Machines seeing the lines
Beyond kitties dancing, mongrels skateboarding and babies biting, YouTube videos sometimes — believe it or not — cross content lines, resulting in the offending materials experiencing a takedown.
That happened with almost 8.3 million videos in the fourth quarter of last year, according to YouTube. The task of finding and removing the rogue recordings sounds laborious and, doubtless at one point it was. Until the machines zipped into the picture.
Artificially intelligent computer systems nabbed 80 percent of the videos YouTube yanked off its site in that final quarter. The moves were necessitated partly by the fact that, as the New York Times’ Cade Metz recently explained, advertisers foot the bill, and their promotions sometimes appear automatically (re: randomly) next to videos with which YouTube clients would rather not to be associated.
Thus, the complaints flowed.
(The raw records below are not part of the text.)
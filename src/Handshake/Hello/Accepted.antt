-- ===== src/Handshake/Hello/Accepted.antt =====
-- `parse_client_hello` accepts exactly the messages of the layout.
use reka_serdoba.Common.{
  ℕ, ◌+◌, ◌-◌, ◌^◌, ◌≤◌, ◌<◌, ◌≡◌, ◌∙◌, ◌↔◌, ◌⊎◌, sym, ap, ap₂, refl, subst, inl, inr, true, false,
  not, ◌||◌, List, [], ◌∷◌, ◌++◌, append-nil, length, length-append, length-drop, length-slice,
  take, take-append, drop-append, suc, take-append-drop, All-drop, All-slice, get_or, drop, slice,
  ltb, ◌==◌, ==_iff, All-parts, Bool-cases, Result, ok, arith,
}
use reka_serdoba.Clocks.{IsNear, IsOpposite, is_near, is_far-near, is_far-opposite}
use reka_serdoba.Common.Steps.{continue}
use reka_serdoba.Common.Words.{
  IsByte, AreBytes, to_be, from_be, length-to_be, from_be-to_be, to_be-from_be, from_be_bound,
}
use reka_serdoba.Errors.{Error}
use reka_serdoba.Handshake.Cursor.{
  Cursor, IsAt, new, new-IsAt, fixed_reads, word_reads, skip_reads, finish-IsAt,
}
use reka_serdoba.Handshake.Hello.{
  ClientHello, clock_differs, parse_tail, parse_body, parse_client_hello,
}
use reka_serdoba.Handshake.Hello.Layout.{
  tail_bytes, hello_body, hello_bytes, IsHello, parse_body_ok,
}

parse_tail_reads :
    (now time : ℕ) (hello : ClientHello) (c : Cursor)
    → IsAt c (tail_bytes time)
    → time < 256 ^ 8
    → clock_differs now time ≡ false
    → (parse_tail now hello c).1 ≡ ok hello
unfolding parse_tail tail_bytes continue
parse_tail_reads now time hello c at lt clock = word_reads 8 time c _ _ _ at lt (λ c1 at1.
    rw clock (
      word_reads 2 0 c1 (to_be 2 0) _ _ at1 (omega arith) (λ c2 at2.
        skip_reads 0 c2 [] (to_be 2 0) _ _ at2 refl (λ c3 at3.
          word_reads 2 0 c3 [] _ _ (subst (IsAt c3) (sym (append-nil (to_be 2 0))) at3)
            (omega arith)
            (λ c4 at4.
              skip_reads 0 c4 [] [] _ _ at4 refl (λ c5 at5. rw (finish-IsAt c5 at5) refl))))))

parse_body_reads :
    (now time : ℕ) (h : ClientHello) (c : Cursor)
    → IsAt c (hello_body h time)
    → IsHello h
    → time < 256 ^ 8
    → clock_differs now time ≡ false
    → (parse_body now c).1 ≡ ok h
unfolding parse_body hello_body continue
parse_body_reads now time h c at sizes lt clock = word_reads 2 1 c _ _ _ at (omega arith) (λ c1 at1.
    word_reads 2 1 c1 _ _ _ at1 (omega arith) (λ c2 at2.
      fixed_reads 16 c2 h.handshake_id _ _ _ at2 sizes.handshake_id_len (λ c3 at3.
        fixed_reads 16 c3 h.client_id _ _ _ at3 sizes.client_id_len (λ c4 at4.
          fixed_reads 32 c4 h.client_ephemeral _ _ _ at4 sizes.client_ephemeral_len (λ c5 at5.
            fixed_reads 32 c5 h.client_nonce _ _ _ at5 sizes.client_nonce_len
              (λ c6 at6. parse_tail_reads now time h c6 at6 lt clock))))))

add_len : (n m : ℕ) (xs ys : List ℕ) → length xs ≡ n → length ys ≡ m → length (xs ++ ys) ≡ n + m
add_len n m xs ys h k = omega (arith, length-append {0} xs ys, h, k)

hello_body-len : (h : ClientHello) (time : ℕ) → IsHello h → length (hello_body h time) ≡ 112
unfolding hello_body tail_bytes
hello_body-len h time k = add_len 2 110 _ _ (length-to_be 2 1) (
    add_len 2 108 _ _ (length-to_be 2 1) (
      add_len 16 92 _ _ k.handshake_id_len (
        add_len 16 76 _ _ k.client_id_len (
          add_len 32 44 _ _ k.client_ephemeral_len (
            add_len 32 12 _ _ k.client_nonce_len (
              add_len 8 4 _ _ (length-to_be 8 time)
                (add_len 2 2 _ _ (length-to_be 2 0) (length-to_be 2 0))))))))

-- Type, length and body of a message of five bytes at least.
cut :
    (encoded : List ℕ)
    → 5 ≤ length encoded
    → get_or encoded 0 0 ≡ 1
    → encoded ≡ 1 ∷ (slice 1 5 encoded ++ drop 5 encoded)
unfolding slice
cut [] h e = absurd (omega arith)
cut (x ∷ xs) h e = ap₂ (λ (y : ℕ) (l : List ℕ). y ∷ l) e (sym (take-append-drop 4 xs))

accepted_body :
    (now : ℕ) (encoded : List ℕ) (h : ClientHello)
    → AreBytes encoded
    → 5 ≤ length encoded
    → get_or encoded 0 0 ≡ 1
    → from_be (slice 1 5 encoded) ≡ length encoded - 5
    → (parse_body now (new (drop 5 encoded))).1 ≡ ok h
    → (time : ℕ) × (encoded ≡ hello_bytes h time)
      × IsHello h
      × (clock_differs now time ≡ false)
      × (time < 256 ^ 8)
unfolding hello_bytes
accepted_body now encoded h bytes long first e parsed =
    let body : List ℕ = drop 5 encoded in
    let len : length body ≡ length encoded - 5 = length-drop {0} 5 encoded in
    let four : length (slice 1 5 encoded) ≡ 4 = length-slice 1 5 encoded (omega arith) long in
    let octets : AreBytes (slice 1 5 encoded) = All-slice IsByte 1 5 encoded bytes in
    let word : slice 1 5 encoded ≡ to_be 4 (length body) =
      sym (to_be-from_be 4 (slice 1 5 encoded) octets four) ∙ ap (to_be 4) (e ∙ sym len) in
    let small : length body < 2 ^ 64 =
      omega (arith, len, e, from_be_bound 4 (slice 1 5 encoded) octets four) in
    let x =
      parse_body_ok now h (new body) (parse_body now (new body)).0 body
        (new-IsAt body (All-drop IsByte 5 encoded bytes) small)
        (ap₂ (λ (a : Cursor) (b : Result Error ClientHello). (a, b)) refl parsed) in
    (
      x.0,
      cut encoded long first
          ∙ ap₂ (λ (a b : List ℕ). 1 ∷ (a ++ b))
              (word ∙ ap (λ (l : List ℕ). to_be 4 (length l)) x.1) x.1,
      x.2,
      x.3,
      x.4,
    )

parsed_bytes :
    (now time : ℕ) (h : ClientHello)
    → AreBytes (hello_bytes h time)
    → IsHello h
    → clock_differs now time ≡ false
    → time < 256 ^ 8
    → parse_client_hello now (hello_bytes h time) ≡ ok h
unfolding parse_client_hello hello_bytes slice
parsed_bytes now time h bytes sizes clock lt =
    let body : List ℕ = hello_body h time in
    let size : ℕ = length body in
    let len : size ≡ 112 = hello_body-len h time sizes in
    let four : length (to_be 4 size) ≡ 4 = length-to_be 4 size in
    let whole : length (to_be 4 size ++ body) ≡ 116 = add_len 4 112 _ _ four len in
    let long : ltb (suc (length (to_be 4 size ++ body))) 5 ≡ false = ground (arith, whole) in
    let word : take 4 (to_be 4 size ++ body) ≡ to_be 4 size =
      take-append 4 (to_be 4 size) body four in
    let back : drop 4 (to_be 4 size ++ body) ≡ body = drop-append 4 (to_be 4 size) body four in
    let number : from_be (to_be 4 size) ≡ size = from_be-to_be 4 size (omega (arith, len)) in
    let same : (size == suc (length (to_be 4 size ++ body)) - 5) ≡ true =
      ground (arith, whole, len) in
    rw (long, word, back, number, same)
      (parse_body_reads now time h (new body)
        (new-IsAt body (All-parts IsByte (to_be 4 size) body bytes.1).1 (omega (arith, len))) sizes
        lt clock)

-- The same, with the time as the code tests it.
parse_client_hello-tested :
    (now : ℕ) (encoded : List ℕ) (h : ClientHello)
    → AreBytes encoded
    → (parse_client_hello now encoded ≡ ok h) ↔ (
        (time : ℕ) × (encoded ≡ hello_bytes h time)
        × IsHello h
        × (clock_differs now time ≡ false)
        × (time < 256 ^ 8))
unfolding parse_client_hello hello_bytes
parse_client_hello-tested now encoded h bytes = (
  λ e. elim (Bool-cases (ltb (length encoded) 5 || not (get_or encoded 0 0 == 1))) [
    | inl p ↦ absurd (cc (rw (p, parse_client_hello) at e))
    | inr p ↦ elim (Bool-cases (from_be (slice 1 5 encoded) == length encoded - 5)) [
      | inr q ↦ absurd (cc (rw (p, parse_client_hello, q) at e))
      | inl q ↦
          accepted_body now encoded h bytes (ground (arith, p)) (ground (arith, p))
            ((==_iff (from_be (slice 1 5 encoded)) (length encoded - 5)).0 q)
            (rw (p, parse_client_hello, q) at e)
    ]
  ],
  λ x.
      subst (λ (l : List ℕ). parse_client_hello now l ≡ ok h) (sym x.1)
        (parsed_bytes now x.0 h (subst AreBytes x.1 bytes) x.2 x.3 x.4),
)

-- `parse_client_hello` accepts a byte string exactly when it is type 1, its length in four bytes,
-- version 1, suite 1, a handshake id and a client id of 16 bytes, a key and a nonce of 32, a time of
-- eight bytes that is at most 300 seconds from the clock or exactly 2^63 seconds after it, and an
-- empty cookie and no extensions, by a clock of 300 seconds or more that fits in 63 bits; and it gives the
-- values that stand there.
pub parse_client_hello_iff :
    (now : ℕ) (encoded : List ℕ) (h : ClientHello)
    → 300 ≤ now
    → now < 2 ^ 63
    → AreBytes encoded
    → (parse_client_hello now encoded ≡ ok h) ↔ (
        (time : ℕ) × (encoded ≡ hello_bytes h time)
        × IsHello h
        × (IsNear 300 now time ⊎ IsOpposite now time)
        × (time < 256 ^ 8))
unfolding clock_differs
parse_client_hello_iff now encoded h started now_max bytes =
    let (accepted, parsed) = parse_client_hello-tested now encoded h bytes in
    (
      λ e.
          let (time, layout, sizes, clock, time_max) = accepted e in
          (time, layout, sizes, is_near 300 now time started now_max time_max clock, time_max),
      λ x.
          let (time, layout, sizes, near, time_max) = x in
          parsed (
            time,
            layout,
            sizes,
            elim near [
              | inl close ↦ is_far-near 300 now time started now_max time_max close
              | inr opposite ↦ is_far-opposite 300 now time started now_max time_max opposite
            ],
            time_max,
          ),
    )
Responding by removing the videos was no small task for YouTube.
First, there was the matter of figuring out how. Then there was the far stickier affair: explaining why. The issue entailed free speech being paired against civil discourse, and however free speech might rock, it sometimes takes a pummeling in cases like these. Free speech, after all, is dingy business when every range of extremist freely gallops through cyberspace. Mild-mannered, but wild-eyed conspiracy theorists prowl one end of the spectrum, and predators and supremacists skulk about the other.
As Stanford University’s Eileen Donahoe told Metz: “It’s a hard problem to solve.”
Here come the machines, cleaning up man’s mess, substantively resolving the question of how to do it while still leaving humans to figure out why. Users identify three reasons for flagging content: it is considered sexual, misleading or spam (a ripoff) or hateful and abusive.
Judgment, a thing in which people still excel over computers, is an enduring necessity in determining which videos stay. Violence might be OK in a movie, but the real stuff requires careful handling. Ditto explicit material. So how does one know the difference? Judgment. When that fails, whether the artificial kind or that applied by humans, outrage can result, as was the case last year when disturbing videos slipped past filters on the child-friendly YouTube Kids app.
After the breakdown made a large splash in both mainstream and social media, Google pledged in December to hire 10,000 people to tackle policy violations. YouTube says it has filled most of the jobs allotted it, but machines nonetheless are carrying out the bulk of the work, removing three in four videos before they were even viewed.
That’s a testament to the enlarging capacity of technology to rise alongside humans to take on complex quandaries, like this classic clash between free speech and civility, decorum and decency. Machine learning is giving systems the ability to sift through dilemmas and decide, a realm once exclusive to humans. It’s a critical function given the enormity of the task. The job, after all, is too much for humans, even thousands of them.
Anyone seeking evidence of the extraordinary capacities of technology needn’t look further than YouTube’s recent experience removing troubling content. The fear among the afraid is that human efforts to manage machines only will end with machines managing humans. The reality is, as YouTube can attest, machines might provide humans the necessary means to at least partly manage themselves.